**WHAT THIS TASK INVOLVES:** What are the lines from the one containing "-- Settings that" through the end of the listing below? Return them exactly, and only them.

**DATA FOR THIS EXERCISE:**
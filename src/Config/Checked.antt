-- ===== src/Config/Checked.antt =====
-- Which settings `Validate` takes, and what it makes of them.
use pg_k8s_proxy.Common.{
  ◌≡◌, refl, sym, subst, ◌⊎◌, inl, inr, ◌↔◌, pos, Bytes, List, [], ◌∷◌, true, false, not, ◌&&◌, ok,
  bind-eq-ok, fail_if_inv, is_empty, ltb_ℤ, All, Bool-cases,
}
use pg_k8s_proxy.Config.Trim.{trim_space}
use pg_k8s_proxy.Config.{
  Settings, DiscoveryConfig, Host, runs_manager, is_role, is_log_level, is_log_format,
  check_tls_mode, resolve_discovery, resolve_leader, trim_namespaces, current_namespace,
  with_derived, validate, negative_connections, no_cluster_domain, bad_role, bad_log_level,
  bad_log_format,
}
use pg_k8s_proxy.Config.Rules.{
  IsAccepted, not_inv, check_tls_mode_inv, check_tls_mode_ok, IsResolvedDiscovery,
  resolve_discovery_inv, resolve_discovery_ok,
}

-- All that `validate` made sure of, and what it returned.
pub validate_inv :
    (host : Host) (c : Settings) {c' : Settings}
    → validate host c ≡ ok c'
    → IsAccepted host c
      × (d : DiscoveryConfig) × IsResolvedDiscovery host c.role c.discovery d
      × (c' ≡ with_derived host c d)
unfolding validate
validate_inv host c h =
    let (role, h1) = fail_if_inv (not (is_role c.role)) (bad_role c.role) _ h in
    let (u, tls, h2) = bind-eq-ok (check_tls_mode c.proxy) _ h1 in
    let (connections, h3) =
      fail_if_inv (ltb_ℤ c.proxy.max_connections (pos 0))
        (negative_connections c.proxy.max_connections) _ h2 in
    let (domain, h4) = fail_if_inv (is_empty c.watch.cluster_domain) no_cluster_domain _ h3 in
    let (d, discovery, h5) = bind-eq-ok (resolve_discovery host c.role c.discovery) _ h4 in
    let (level, h6) =
      fail_if_inv (not (is_log_level c.log_level)) (bad_log_level c.log_level) _ h5 in
    let (format, h7) =
      fail_if_inv (not (is_log_format c.log_format)) (bad_log_format c.log_format) _ h6 in
    let (usable, resolved) = resolve_discovery_inv host c.role c.discovery discovery in
    (
      record {
        role = not_inv _ role;
        tls = check_tls_mode_inv c.proxy tls;
        connections = connections;
        cluster_domain = domain;
        selector = usable;
        log_level = not_inv _ level;
        log_format = not_inv _ format;
      },
      d,
      resolved,
      cc h7,
    )

validate_ok :
    (host : Host) (c : Settings) → IsAccepted host c → (c' : Settings) × (validate host c ≡ ok c')
unfolding validate
validate_ok host c a =
    let (d, found) = resolve_discovery_ok host c.role c.discovery a.selector in
    (
      with_derived host c d,
      simp
          (
            a.role,
            check_tls_mode_ok c.proxy a.tls,
            a.connections,
            a.cluster_domain,
            found,
            a.log_level,
            a.log_format,
            validate,
          )
          refl,
    )

-- `Validate` takes the settings exactly where the role and the TLS mode are ones it knows, TLS that
-- is not off has both of its files, the connections are not limited to fewer than none, the cluster
-- domain is not empty, a selector that discovery will use parses and is not empty, and the log's
-- level and format are ones it knows.
pub validate_accepts :
    (host : Host) (c : Settings) → ((c' : Settings) × (validate host c ≡ ok c')) ↔ IsAccepted host c
validate_accepts host c = (λ h. (validate_inv host c h.1).0, λ a. validate_ok host c a)

pub record IsResolved (host : Host) (c c' : Settings) : Type 0 where
  pub role : c'.role ≡ c.role
  pub proxy : c'.proxy ≡ c.proxy
  pub discovery : IsResolvedDiscovery host c.role c.discovery c'.discovery
  pub leader : c'.leader.enabled ≡ c.leader.enabled && runs_manager c.role
  pub lease_namespace :
      (is_empty c.leader.namespace ≡ false) × (c'.leader.namespace ≡ c.leader.namespace)
      ⊎ (is_empty c.leader.namespace ≡ true) × (c'.leader.namespace ≡ current_namespace host)
  pub namespaces : All (λ ns. is_empty ns ≡ false) c'.watch.namespaces

trim_namespaces-All : (l : List Bytes) → All (λ ns. is_empty ns ≡ false) (trim_namespaces l)
unfolding trim_namespaces
trim_namespaces-All [] = tt
trim_namespaces-All (ns ∷ rest) = elim (Bool-cases (is_empty (trim_space ns))) [
  | inl e ↦ simp (e, trim_namespaces) (trim_namespaces-All rest)
  | inr e ↦ simp (e, trim_namespaces) (refl, trim_namespaces-All rest)
]

with_derived-IsResolved :
    (host : Host) (c : Settings) (d : DiscoveryConfig)
    → IsResolvedDiscovery host c.role c.discovery d
    → IsResolved host c (with_derived host c d)
unfolding resolve_leader
with_derived-IsResolved host c d resolved = record {
  role = refl;
  proxy = refl;
  discovery = resolved;
  leader = refl;
  lease_namespace = elim (Bool-cases (is_empty c.leader.namespace)) [
    | inl e ↦ inr (e, simp e refl)
    | inr e ↦ inl (e, simp e refl)
  ];
  namespaces = trim_namespaces-All c.watch.namespaces;
}

-- Settings that `Validate` returned keep their role and their gateway's settings; they discover and
-- elect only where that was asked for and the role runs the manager, and then with the selector
-- that was parsed, one that is not empty; the lease's namespace is the one that was given, or else
-- the process's own; and no namespace that is watched is empty.
pub validate-IsResolved :
    (host : Host) (c : Settings) {c' : Settings} → validate host c ≡ ok c' → IsResolved host c c'
validate-IsResolved host c h =
    let (a, d, resolved, is) = validate_inv host c h in
    subst (IsResolved host c) (sym is) (with_derived-IsResolved host c d resolved)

**RESPONSE BOX:**
-- Settings that `Validate` returned keep their role and their gateway's settings; they discover and
-- elect only where that was asked for and the role runs the manager, and then with the selector
-- that was parsed, one that is not empty; the lease's namespace is the one that was given, or else
-- the process's own; and no namespace that is watched is empty.
pub validate-IsResolved :
    (host : Host) (c : Settings) {c' : Settings} → validate host c ≡ ok c' → IsResolved host c c'
validate-IsResolved host c h =
    let (a, d, resolved, is) = validate_inv host c h in
    subst (IsResolved host c) (sym is) (with_derived-IsResolved host c d resolved)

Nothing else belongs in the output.